Author: Miklós Laczkovich
Publisher: Springer
Published: 2015-10-08
Total Pages: 486
ISBN-13: 1493927663
DOWNLOAD EBOOKBased on courses given at Eötvös Loránd University (Hungary) over the past 30 years, this introductory textbook develops the central concepts of the analysis of functions of one variable — systematically, with many examples and illustrations, and in a manner that builds upon, and sharpens, the student’s mathematical intuition. The book provides a solid grounding in the basics of logic and proofs, sets, and real numbers, in preparation for a study of the main topics: limits, continuity, rational functions and transcendental functions, differentiation, and integration. Numerous applications to other areas of mathematics, and to physics, are given, thereby demonstrating the practical scope and power of the theoretical concepts treated. In the spirit of learning-by-doing, Real Analysis includes more than 500 engaging exercises for the student keen on mastering the basics of analysis. The wealth of material, and modular organization, of the book make it adaptable as a textbook for courses of various levels; the hints and solutions provided for the more challenging exercises make it ideal for independent study.
Author: N. L. Carothers
Publisher: Cambridge University Press
Published: 2000-08-15
Total Pages: 420
ISBN-13: 9780521497565
DOWNLOAD EBOOKA text for a first graduate course in real analysis for students in pure and applied mathematics, statistics, education, engineering, and economics.
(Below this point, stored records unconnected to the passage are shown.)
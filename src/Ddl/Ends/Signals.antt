-- ===== src/Ddl/Ends/Signals.antt =====
-- The parsers of `signal` blocks end.
use sig_topo.Base.{String, ◌≡◌, refl, false, List}
use sig_topo.Json.{Platform}
use sig_topo.Ddl.Token.{TokenKind, Token, is_eof}
use sig_topo.Ddl.Ast.{TransDecl}
use sig_topo.Ddl.Parser.Signals.{
  Hooks, bind_hook, action_step, hook_step, parse_lifecycle_actions, expect_state, expect_from,
  guard_clause, action_block, parse_transition, transition_step, expect_fresh, expect_initial,
  parse_signal,
}
use sig_topo.Ddl.Total.{Total, Taking, Steps, Total-of_Taking}
use sig_topo.Ddl.Ends.{
  total, taking, steps, block, Total-expect_keyword, Total-parse_state_list, Taking-expect_name,
  Taking-expect_keyword, Total-optional, Taking-parse_guard,
}

module _ (p : Platform) (src : String) where
  Steps-action_step : (ids : List String) → Steps p src (action_step p ids)
  unfolding action_step
  Steps-action_step ids = search (steps, taking, total, Taking-expect_name) depth 30 fits 2000

  Total-bind_hook :
      (kind : TokenKind p.Float) (tok : Token p.Float) (ids : List String) (h : Hooks)
      → Total p src (bind_hook p kind tok ids h)
  Total-bind_hook TokenKind.on_exit tok ids h = search (taking, total) depth 20 fits 2000
  Total-bind_hook TokenKind.on_transition tok ids h = search (taking, total) depth 20 fits 2000
  Total-bind_hook TokenKind.signal tok ids h = search (taking, total) depth 20 fits 2000
  Total-bind_hook _ tok ids h = search (taking, total) depth 20 fits 2000

  Steps-hook_step : (h : Hooks) → Steps p src (hook_step p h)
  unfolding hook_step
  Steps-hook_step h =
      let colon : is_eof {F = p.Float} TokenKind.colon ≡ false = refl in
      search
        (
          steps, taking, total, Taking-expect_name, Taking-expect_keyword, Steps-action_step,
          Total-bind_hook,
        )
        depth 30 fits 4000

  Total-parse_lifecycle_actions : Total p src (parse_lifecycle_actions p)
  unfolding parse_lifecycle_actions
  Total-parse_lifecycle_actions = search (total, Steps-hook_step) depth 10 fits 2000

  Taking-expect_state :
      (end signal_id : String) (states : List String)
      → Taking p src (expect_state p end signal_id states)
  unfolding expect_state
  Taking-expect_state end signal_id states = search (taking, total) depth 20 fits 2000

  Total-expect_from :
      (signal_id : String) (states : List String) → Total p src (expect_from p signal_id states)
  unfolding expect_from
  Total-expect_from signal_id states = search (total, Taking-expect_state) depth 20 fits 2000

  pub Total-guard_clause : Total p src (guard_clause p src)
  unfolding guard_clause
  Total-guard_clause = search (total, Taking-parse_guard) depth 20 fits 2000

  Total-action_block : Total p src (action_block p)
  unfolding action_block
  Total-action_block =
      let rbrace : is_eof {F = p.Float} TokenKind.rbrace ≡ false = refl in
      search (total, Taking-expect_keyword, Total-parse_lifecycle_actions) depth 20 fits 2000

  Taking-parse_transition :
      (signal_id : String) (states : List String)
      → Taking p src (parse_transition p src signal_id states)
  unfolding parse_transition
  Taking-parse_transition signal_id states =
      let keyword : false ≡ false = refl in
      search
        (
          taking, total, Taking-expect_name, Taking-expect_keyword, Total-expect_from,
          Taking-expect_state, Total-optional, Total-guard_clause, Total-action_block,
        )
        depth 40 fits 4000

  Steps-transition_step :
      (id : String) (states : List String) (ts : List TransDecl)
      → Steps p src (transition_step p src id states ts)
  unfolding transition_step
  Steps-transition_step id states ts =
      search (steps, taking, total, Taking-parse_transition) depth 20 fits 2000

  pub Taking-expect_fresh :
      (what : String) (seen : List String) → Taking p src (expect_fresh p what seen)
  unfolding expect_fresh
  Taking-expect_fresh what seen = search (taking, total) depth 20 fits 2000

  Taking-expect_initial : (states : List String) → Taking p src (expect_initial p states)
  unfolding expect_initial
  Taking-expect_initial states = search (taking, total) depth 20 fits 2000

  Total-expect_initial : (states : List String) → Total p src (expect_initial p states)
  Total-expect_initial states = Total-of_Taking p src _ (Taking-expect_initial states)

  pub Total-expect_fresh :
      (what : String) (seen : List String) → Total p src (expect_fresh p what seen)
  Total-expect_fresh what seen = Total-of_Taking p src _ (Taking-expect_fresh what seen)

  pub Taking-parse_signal : (seen : List String) → Taking p src (parse_signal p src seen)
  unfolding parse_signal
  Taking-parse_signal seen =
      let keyword : false ≡ false = refl in
      search
        (
          block, Taking-expect_keyword, Total-expect_keyword, Total-expect_fresh,
          Total-parse_state_list, Total-expect_initial, Steps-transition_step,
        )
        depth 40 fits 4000
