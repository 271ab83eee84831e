-- ===== src/Ddl/Ends/Reactions.antt =====
-- The parsers of `reaction`, `fork`, `join` and `guard` blocks end.
use sig_topo.Base.{ℕ, String, ◌≡◌, refl, false, List}
use sig_topo.Json.{Platform}
use sig_topo.Ddl.Parser.Reactions.{
  RawReaction, on_fail_clause, at_reaction_head, parse_guard_spec, reaction_guard, reaction_payload,
  parse_reaction_body, parse_reaction_raw, member_step, parse_fork_block, parse_join_block,
  parse_guard_decl,
}
use sig_topo.Ddl.Total.{Total, Taking, Steps}
use sig_topo.Ddl.Texts.{Taking-parse_raw_brace_block}
use sig_topo.Ddl.Ends.{
  total, taking, steps, block, Total-expect_name, Total-expect_keyword, Taking-expect_name,
  Taking-expect_keyword, Total-optional, Taking-guard_span,
}
use sig_topo.Ddl.Ends.Signals.{Taking-expect_fresh}

module _ (p : Platform) (src : String) where
  Total-at_reaction_head : Total p src (at_reaction_head p)
  unfolding Total at_reaction_head
  Total-at_reaction_head n ts l s = (l, s)

  Taking-parse_guard_spec : Taking p src (parse_guard_spec p src)
  unfolding parse_guard_spec
  Taking-parse_guard_spec = search (taking, total, Taking-guard_span) depth 20 fits 2000

  Total-reaction_guard : Total p src (reaction_guard p src)
  unfolding reaction_guard
  Total-reaction_guard =
      search (total, Total-at_reaction_head, Taking-parse_guard_spec) depth 20 fits 2000

  Total-reaction_payload : Total p src (reaction_payload p src)
  unfolding reaction_payload
  Total-reaction_payload =
      let keyword : false ≡ false = refl in
      search (total, Taking-expect_keyword, Taking-parse_raw_brace_block, Total-optional) depth 20
        fits 2000

  Total-on_fail_clause : Total p src (on_fail_clause p)
  Total-on_fail_clause =
      let keyword : false ≡ false = refl in
      search (total, Taking-expect_name, Taking-expect_keyword) depth 20 fits 2000

  Taking-parse_reaction_body : Taking p src (parse_reaction_body p src)
  unfolding parse_reaction_body
  Taking-parse_reaction_body =
      let keyword : false ≡ false = refl in
      search
        (
          block, Taking-expect_keyword, Total-expect_name, Total-expect_keyword, Total-optional,
          Total-on_fail_clause, Total-reaction_guard, Total-reaction_payload,
        )
        depth 40 fits 4000

  pub Taking-parse_reaction_raw : Taking p src (parse_reaction_raw p src)
  unfolding parse_reaction_raw
  Taking-parse_reaction_raw =
      let keyword : false ≡ false = refl in
      search (taking, total, Taking-expect_keyword, Taking-parse_reaction_body) depth 20 fits 2000

  Steps-member_step :
      (tagged : RawReaction → RawReaction) (rs : List RawReaction)
      → Steps p src (member_step p src tagged rs)
  unfolding member_step
  Steps-member_step tagged rs =
      search (steps, taking, total, Taking-parse_reaction_body) depth 20 fits 2000

  pub Taking-parse_fork_block : (n : ℕ) → Taking p src (parse_fork_block p src n)
  unfolding parse_fork_block
  Taking-parse_fork_block n =
      let keyword : false ≡ false = refl in
      search (taking, total, Taking-expect_keyword, Steps-member_step) depth 30 fits 2000

  pub Taking-parse_join_block : Taking p src (parse_join_block p src)
  unfolding parse_join_block
  Taking-parse_join_block =
      let keyword : false ≡ false = refl in
      search (taking, total, Taking-expect_name, Taking-expect_keyword, Steps-member_step) depth 30
        fits 2000

  pub Taking-parse_guard_decl : (seen : List String) → Taking p src (parse_guard_decl p src seen)
  unfolding parse_guard_decl
  Taking-parse_guard_decl seen =
      let keyword : false ≡ false = refl in
      search
        (taking, total, Taking-expect_keyword, Taking-expect_fresh, Taking-parse_raw_brace_block)
        depth 30 fits 2000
Author: A.B. Kharazishvili
Publisher: CRC Press
Published: 2000-01-31
Total Pages: 320
ISBN-13: 9780824703202
DOWNLOAD EBOOKThis volume aims to explicate extraordinary functions in real analysis and their applications. It examines the Baire category method, the Zermelo-Fraenkel set, the Axiom of Dependent Choices, Cantor and Peano type functions, the Continuum Hypothesis, everywhere differentiable nowhere monotone functions, and Jarnik's nowhere approximately differentiable functions.